→ **Assignment**: Locate the string "tokens" in the records below. Copy every line where it occurs.

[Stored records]
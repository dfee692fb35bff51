-- ===== src/Lib.antt =====
-- BoardTrace analyses finished chess games on a server. This library models the core of its API and
-- worker, the Python package under apps/api/src/boardtrace_api, and proves that its parts do what
-- they promise. All paths below are relative to that package.
--
-- A game that a player has finished becomes an analysis job. The job passes the admission queue, is
-- claimed by a worker under a lease, and the worker evaluates every position of the game with an
-- engine. From the evaluations that are stored, metrics, classes and totals are derived when the
-- analysis is read. Players sign in with rotating refresh tokens.
--
-- Prelude: Boolean tests, lists measured by native numbers, exceptions as values (Result), texts as
-- lists of code points, and signed integers over the native numbers (Prelude.Int).
--
-- Jobs: analysis jobs.
--   Status is models/enums.py and analysis/state.py; Retry is analysis/retry.py; Row has the columns
--   of models/models.py. Operations has the methods of repositories/analysis_jobs.py that work on one
--   row, Table those that query or insert rows. The row of a job is locked while an operation works on
--   it, so concurrent workers are sequences of operations (Steps: perform, step, run). Publisher is the
--   OutboxPublisher of services/analysis_jobs.py, where the broker is a parameter. Lease, Delay,
--   Accounting, Uniqueness, Events and Drained hold the theorems. Instants are microseconds, delays seconds.
--
-- Admission: queue_admission.py. Each Lua script is one atomic step on the six keys of Redis (Redis has
--   the data types, Scripts the scripts). A call names a job and the job's owner, as the endpoints and
--   the worker do; which user owns a job is a parameter. A Redis that cannot be reached raises and
--   leaves the keys as they are. Invariant, Enter, Leave and Complete show what each script keeps; Order
--   that the queue is in order of arrival; Line is the queue as a user sees it, which Refinement shows
--   the scripts to implement; Deadlines is about waiting too long.
--
-- FullGame: analysis/full_game.py. python-chess is a parameter (record Chess), as are the engine and the
--   clock (record Engine): an answer or an exception's name at each position, and the milliseconds
--   that have passed. The loop over the positions is recursion on the list of the replay, which ends.
--   Contract is the check of repositories/analysis_results.py before a result is stored. Evaluated,
--   Linked and Complete hold the theorems.
--
-- Moves: analysis/move_metrics.py (Metrics), analysis/move_classification.py (Classes),
--   analysis/game_metrics.py (Totals, with decimals of two places as hundredths, Rounding) and
--   services/analysis_aggregates.py (Aggregate). What python-chess makes of a UCI text is a parameter.
--   Losses, Classified, Accuracy and Pipeline hold the theorems.
--
-- Auth: auth/service.py with the commits of api/v1/endpoints/auth.py (Sessions). The digest of a token
--   is a parameter, and what is drawn at random is an argument. Pairing is services/pairing.py with the
--   scope checks of auth/tokens.py. Families, Replay and Pairing hold the theorems.
--
-- RateLimits: rate_limits.py (Counters) and core/rate_limit_middleware.py (Dispatch). Times are
--   milliseconds; how Redis rounds the time left to seconds is a parameter, and a store that is down
--   stays down during a request. Bounds holds the theorems.
--
-- Results: the durable results of an analysis. Rows has the tables of models/models.py that games and
--   results live in, each the list of its rows, and the computed identifiers of
--   repositories/analysis_results.py, where uuid5 is a parameter. Config is the snapshot of the engine's
--   configuration, Transactions db/transactions.py, Replace the replacement of a generation, Complete the
--   atomic completion with services/analysis_cleanup.py, Read the typed read; these are
--   repositories/analysis_results.py and services/analysis_results.py. The hook before a commit and the
--   commit are parameters that may raise; the rows of the job and of the game are locked meanwhile.
--   Replaced, Published, Authority, Keyed, Unique, Records, RoundTrip and Whole hold the theorems. Whole goes from
--   the analysis of FullGame to the stored result.
--
-- Delivery: Snapshot is repositories/analysis_reads.py with services/analysis_reads.py, Public
--   services/analysis_delivery.py with the consumption of a result, Status
--   repositories/analysis_status.py with services/analysis_status.py. Moves.Aggregate composes what
--   Snapshot reads. Once holds the theorems.
--
-- Worker: worker.py. Failures is analysis/failures.py, Terminal the operations on jobs as transactions of
--   their own with the services of services/analysis_jobs.py that end a job, Run one delivery of a job
--   with the release of its place in the queue, Sweep the scheduled tasks. A run has no other writer
--   between its transactions; its instants, the engine, whether Redis answers and which commits raise
--   are parameters, and so they are of a sweep. Rows, Settled and Ended hold the theorems.
--
-- Ingestion: Provenance is provenance.py with the request of schemas/ingestion.py, Service
--   services/ingestion.py with the creation of a job in services/analysis_jobs.py. What other sessions
--   commit after the first SELECT is a parameter, as is the digest of the moves. Endpoint is
--   api/v1/endpoints/ingestion.py, on the tables and the keys of Redis that Worker works on; no other
--   session writes during a request. Once and Admitted hold the theorems.
--
-- Each component has its test data and the theorems' instances in a module Tests.
--
-- Not modelled: the engine process of analysis/stockfish.py, JWT and password hashing (third-party
-- code), the Celery tasks and signals, configuration, logging, the schemas, and the glue of FastAPI, SQLAlchemy and Celery;
-- of the login, the registration and the time of the last login.
pub mod Admission
pub mod Auth
pub mod Delivery
pub mod FullGame
pub mod Ingestion
pub mod Jobs
pub mod Moves
pub mod Prelude
pub mod RateLimits
pub mod Results
pub mod Worker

→ **Solution for this problem**:
-- analysis is read. Players sign in with rotating refresh tokens.
--   scope checks of auth/tokens.py. Families, Replay and Pairing hold the theorems.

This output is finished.